Does white wine qualify for French paradox? Comparison of the cardioprotective effects of red and white wines and their constituents: resveratrol, tyrosol, and hydroxytyrosol.

It is generally believed that the French paradox is related to the consumption of red wine and not other varieties of wine, including white wine or champagne. Some recent studies have indicated that white wine could also be as cardioprotective as red wine. The present investigation compares the cardioprotective abilities of red wine, white wine, and their principal cardioprotective constituents. Different groups of rats were gavaged with red wine, white wine, resveratrol, tyrosol, and hydroxytyrosol. Red wine and its constituent resveratrol and white wine and its constituents tyrosol and hydroxytyrosol all showed different degrees of cardioprotection as evidenced by their abilities to improve postischemic ventricular performance, reduce myocardial infarct size and cardiomyocyte apoptosis, and reduce peroxide formation. It was discovered in this study that although each of the wines and their components increased the enzymatic activities of the mitochondrial complex (I-IV) and citrate synthase, which play very important roles in oxidative phosphorylation and ATP synthesis, some of the groups were more complex-specific in inducing the activity compared to the other groups. Cardioprotective ability was further confirmed by increased expression of phospho-Akt, Bcl-2, eNOS, iNOS, COX-1, COX-2, Trx-1, Trx-2, and HO-1. The results of this study suggest that white wine can provide cardioprotection similar to red wine if it is rich in tyrosol and hydroxytyrosol.

White wine induced cardioprotection against ischemia-reperfusion injury is mediated by life extending Akt/FOXO3a/NFkappaB survival pathway.

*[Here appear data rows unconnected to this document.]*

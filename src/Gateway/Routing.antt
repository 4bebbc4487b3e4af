-- ===== src/Gateway/Routing.antt =====
-- crates/gateway/src/lib.rs: the venue that `select_venue` picks.
use feynman_engine.Prelude.{
  ◌≡◌, refl, subst, inl, inr, true, false, Option, none, some, String, List, [], ◌∷◌, All, Any,
  arith, Bool-cases, if◌then◌else◌,
}
use feynman_engine.Externs.{Externs, ExactArithmetic}
use feynman_engine.Externs.Arithmetic.{lt_true, lt_false, lt_irrefl, lt_asymm}
use feynman_engine.Types.Limits.{AgentRiskLimits}
use feynman_engine.Engine.State.{Signal}
use feynman_engine.Gateway.Errors.{ok, bind_ok, ok_inj, require}
use feynman_engine.Gateway.Symbols.{VenueSymbol, SymbolMap, venues_for}
use feynman_engine.Gateway.Bridge.{
  SignalOrderBridge, VenueRouteState, SignalRoutingPolicy, first_listed, highest_available_balance,
  usable, find_state, balance_of, eligible, keep_max, richest, choose, select_venue, mapped_venues,
  is_allowed, allowed_instruments, allowed_venues,
}
use feynman_engine.Gateway.Served.{Permits, IsConnected, is_allowed_iff, usable_iff}

module _ (E : Externs) where
  open E use {Decimal, lt}

  -- Every usable listing is kept with its balance, and no other.
  eligible-All :
      (P : VenueSymbol × Decimal → Type 0) (mapped : List VenueSymbol)
      (allowed : Option (List String)) (states : List (VenueRouteState E))
      → ((l : VenueSymbol)
          → Any (λ m. m ≡ l) mapped
          → usable E (find_state E l.venue_id states) allowed l.venue_id ≡ true
          → P (l, balance_of E (find_state E l.venue_id states)))
      → All P (eligible E mapped allowed states)
  unfolding eligible
  eligible-All P [] allowed states keep = tt
  eligible-All P (l ∷ rest) allowed states keep =
      let later = eligible-All P rest allowed states (λ m among. keep m (inr among)) in
      elim (Bool-cases (usable E (find_state E l.venue_id states) allowed l.venue_id)) [
        | inl fits ↦ rw fits (keep l (inl refl) fits, later)
        | inr unfit ↦ rw unfit later
      ]

  keep_max_cases :
      (P : VenueSymbol × Decimal → Type 0) (best c : VenueSymbol × Decimal)
      → P best
      → P c
      → P (keep_max E best c)
  keep_max_cases P best c p q = elim (lt c.1 best.1) as (λ b. P (if b then best else c)) [
    | true ↦ p
    | false ↦ q
  ]

  richest-All :
      (P : VenueSymbol × Decimal → Type 0) (best : VenueSymbol × Decimal)
      (rest : List (VenueSymbol × Decimal))
      → P best
      → All P rest
      → P (richest E best rest)
  unfolding richest
  richest-All P best [] p ps = p
  richest-All P best (c ∷ rest) p (q, qs) =
      richest-All P (keep_max E best c) rest (keep_max_cases P best c p q) qs

  module _ (X : ExactArithmetic E) where
    -- No candidate has more than `amount`.
    abbrev pub AtMost : Decimal → VenueSymbol × Decimal → Type 0
    AtMost amount candidate = lt amount candidate.1 ≡ false

    AtMost-trans :
        (a b : Decimal) (c : VenueSymbol × Decimal) → lt a b ≡ false → AtMost b c → AtMost a c
    AtMost-trans a b c h k = ground (arith, lt_false E X a b, lt_false E X b c.1, lt_true E X a c.1)

    All-AtMost :
        (a b : Decimal) (cs : List (VenueSymbol × Decimal))
        → lt a b ≡ false
        → All (AtMost b) cs
        → All (AtMost a) cs
    All-AtMost a b [] h ks = tt
    All-AtMost a b (c ∷ cs) h (k, ks) = (AtMost-trans a b c h k, All-AtMost a b cs h ks)

    keep_max-AtMost :
        (best c : VenueSymbol × Decimal)
        → AtMost (keep_max E best c).1 best × AtMost (keep_max E best c).1 c
    keep_max-AtMost best c =
        ground (arith, lt_irrefl E X best.1, lt_irrefl E X c.1, lt_asymm E X c.1 best.1)

    -- `max_by` returns an element with the highest balance.
    richest-AtMost :
        (best : VenueSymbol × Decimal) (rest : List (VenueSymbol × Decimal))
        → (lt (richest E best rest).1 best.1 ≡ false) × All (AtMost (richest E best rest).1) rest
    unfolding richest
    richest-AtMost best [] = (lt_irrefl E X best.1, tt)
    richest-AtMost best (c ∷ rest) =
        let kept = keep_max E best c in
        let (most, others) = richest-AtMost kept rest in
        let (over_best, over_c) = keep_max-AtMost best c in
        let top = (richest E kept rest).1 in
        (
          AtMost-trans top kept.1 best most over_best,
          (AtMost-trans top kept.1 c most over_c, others),
        )

  -- The venue is listed for the instrument, allowed, and connected.
  abbrev pub IsServed :
      Option (List VenueSymbol)
      → Option (List String)
      → List (VenueRouteState E)
      → VenueSymbol
      → Type 0
  IsServed none allowed states venue = ⊥
  IsServed (some listings) allowed states venue =
      Any (λ l. l ≡ venue) listings
      × Permits E allowed venue.venue_id
      × IsConnected E (find_state E venue.venue_id states)

  -- No listing that is served has a venue with a higher balance.
  abbrev pub IsRichest :
      SignalRoutingPolicy
      → Option (List VenueSymbol)
      → Option (List String)
      → List (VenueRouteState E)
      → VenueSymbol
      → Type 0
  IsRichest first_listed listings allowed states venue = Unit
  IsRichest highest_available_balance listings allowed states venue =
      (other : VenueSymbol)
      → IsServed listings allowed states other
      → lt (balance_of E (find_state E venue.venue_id states))
          (balance_of E (find_state E other.venue_id states))
        ≡ false

  module _ (X : ExactArithmetic E) where
    -- A property of all candidates holds of each served listing.
    eligible-has :
        (P : VenueSymbol × Decimal → Type 0) (mapped : List VenueSymbol)
        (allowed : Option (List String)) (states : List (VenueRouteState E)) (l : VenueSymbol)
        → All P (eligible E mapped allowed states)
        → Any (λ m. m ≡ l) mapped
        → usable E (find_state E l.venue_id states) allowed l.venue_id ≡ true
        → P (l, balance_of E (find_state E l.venue_id states))
    unfolding eligible
    eligible-has P [] allowed states l ps among fits = elim among [ ]
    eligible-has P (m ∷ rest) allowed states l ps among fits =
        elim (Bool-cases (usable E (find_state E m.venue_id states) allowed m.venue_id)) [
          | inl kept ↦
              let (p, later) = rw kept at ps in
              elim among [
                | inl same ↦
                    subst (λ k. P (k, balance_of E (find_state E k.venue_id states))) same p
                | inr further ↦ eligible-has P rest allowed states l later further fits
              ]
          | inr dropped ↦
              let later = rw dropped at ps in
              elim among [
                | inl same ↦ absurd (
                    ground (
                      arith,
                      subst
                          (λ k.
                            usable E (find_state E k.venue_id states) allowed k.venue_id ≡ false)
                          same dropped,
                    ))
                | inr further ↦ eligible-has P rest allowed states l later further fits
              ]
        ]

    mapped_listings :
        (m : SymbolMap) (instrument : String) (mapped : List VenueSymbol)
        → mapped_venues E m instrument ≡ ok mapped
        → venues_for instrument m ≡ some mapped
    unfolding mapped_venues
    mapped_listings m instrument mapped h = ground arith

    -- What the choice among the served listings guarantees.
    abbrev IsChoice :
        SignalRoutingPolicy
        → List VenueSymbol
        → Option (List String)
        → List (VenueRouteState E)
        → VenueSymbol
        → Type 0
    IsChoice policy mapped allowed states venue =
        IsServed (some mapped) allowed states venue
        × IsRichest policy (some mapped) allowed states venue

    -- A candidate is served and carries the balance of its venue.
    abbrev IsCandidate :
        List VenueSymbol
        → Option (List String)
        → List (VenueRouteState E)
        → VenueSymbol × Decimal
        → Type 0
    IsCandidate mapped allowed states c =
        IsServed (some mapped) allowed states c.0
        × (c.1 ≡ balance_of E (find_state E c.0.venue_id states))

    chosen :
        (policy : SignalRoutingPolicy) (instrument : String) (mapped : List VenueSymbol)
        (allowed : Option (List String)) (states : List (VenueRouteState E))
        (candidates : List (VenueSymbol × Decimal)) (venue : VenueSymbol)
        → All (IsCandidate mapped allowed states) candidates
        → ((amount : Decimal)
            → All (AtMost X amount) candidates
            → (other : VenueSymbol) → IsServed (some mapped) allowed states other
            → lt amount (balance_of E (find_state E other.venue_id states)) ≡ false)
        → choose E policy instrument candidates ≡ ok venue
        → IsChoice policy mapped allowed states venue
    chosen first_listed instrument mapped allowed states (c ∷ rest) venue (p, ps) top h =
        (subst (IsServed (some mapped) allowed states) (ok_inj c.0 venue h) p.0, tt)
    chosen highest_available_balance instrument mapped allowed states (c ∷ rest) venue (p, ps) top
          h =
        let best = richest E c rest in
        let (served, balance) = richest-All (IsCandidate mapped allowed states) c rest p ps in
        subst (IsChoice highest_available_balance mapped allowed states) (ok_inj best.0 venue h) (
          served,
          λ other also.
              subst (λ a. lt a (balance_of E (find_state E other.venue_id states)) ≡ false) balance
                (top best.1 (richest-AtMost X c rest) other also),
        )
    chosen policy instrument mapped allowed states [] venue ps top h = absurd (ground arith)

    -- A selected venue is one that the agent may use: the instrument is allowed, the symbol map
    -- lists it there, the venue is allowed, and it is connected. Under the policy of the highest
    -- available balance, no other such venue has a higher balance.
    pub select_venue-IsServed :
        (bridge : SignalOrderBridge E) (signal : Signal E) (limits : Option (AgentRiskLimits E))
        (states : List (VenueRouteState E)) (venue : VenueSymbol)
        → select_venue E bridge signal limits states ≡ ok venue
        → let listings = venues_for signal.instrument bridge.symbol_map in
          Permits E (allowed_instruments E limits) signal.instrument
          × IsServed listings (allowed_venues E limits) states venue
          × IsRichest bridge.config.routing_policy listings (allowed_venues E limits) states venue
    unfolding select_venue
    select_venue-IsServed bridge signal limits states venue h =
        let allowed = allowed_venues E limits in
        let (u, permitted, h1) =
          bind_ok (require (is_allowed E (allowed_instruments E limits) signal.instrument) _) _
            venue h in
        let (mapped, listed, h2) =
          bind_ok (mapped_venues E bridge.symbol_map signal.instrument) _ venue h1 in
        let choice =
          chosen bridge.config.routing_policy signal.instrument mapped allowed states
            (eligible E mapped allowed states) venue
            (eligible-All (IsCandidate mapped allowed states) mapped allowed states (λ l among fits.
              let (permits, up) =
                (usable_iff E (find_state E l.venue_id states) allowed l.venue_id).0 fits in
              ((among, permits, up), refl)))
            (λ amount most other also.
              eligible-has (AtMost X amount) mapped allowed states other most also.0 (
                (usable_iff E (find_state E other.venue_id states) allowed other.venue_id).1
                  (also.1, also.2)))
            h2 in
        let mapping = mapped_listings bridge.symbol_map signal.instrument mapped listed in
        let instruments = allowed_instruments E limits in
        (
          ground (arith, is_allowed_iff E instruments signal.instrument),
          rw mapping choice.0,
          rw mapping choice.1,
        )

Recent studies on the protection afforded by moderate wine consumption against cardiovascular diseases have focused mainly on the activity of red wine in view of its high content of antioxidants, especially polyphenols. White wine lacks polyphenols, but it contains other compounds such as hydroxycinnamic acids (caffeic acid) and monophenols (tyrosol), which are known to have antioxidant properties. Therefore, this study was designed to examine the effect of white wine in myocardial ischemic-reperfusion injury. The experimental rats were gavaged with white wine (Soave Suavia "Le Rive" 2004) at a dosage of 6.5 mL/(kg.rat.day) for 30 days. Rats were divided into four groups: control sham (CS), wine-treated sham (WS), control ischemia (I)/reperfusion (R) (CIR), and wine + IR (WIR). All the rats in both IR groups underwent 30 min occlusion of the left anterior descending coronary artery followed by 8, 24 h, and 30 days of reperfusion (R). Significant reduction in infarct size (21 vs 39%, n = 6), cardiomyocyte (274 vs 384 counts/100 HPF, n = 6), and endothelial cell apoptosis (387 vs 587 counts/100 HPF) was observed in WIR as compared with CIR after 24 h of reperfusion. Echocardiography demonstrated significant increased fractional shortening (32 vs 22%) and ejection fraction (60 vs 44%) following 30 days of reperfusion in WIR rats compared to CIR ( n = 6). In addition, increased phosphorylation of AKT, Foxo3a, and eNOS were found in WS and WIR, as compared to their respective controls. The gel-shift analysis demonstrated significant upregulation of DNA binding activity of NF-kappaB in the white wine-treated groups. This report demonstrated for the first time that the white wine mediated cardioprotection in ischemic reperfused myocardium is through the PI-3kinase/Akt/FOXO3a/e-NOS/NF-kappaB survival pathway.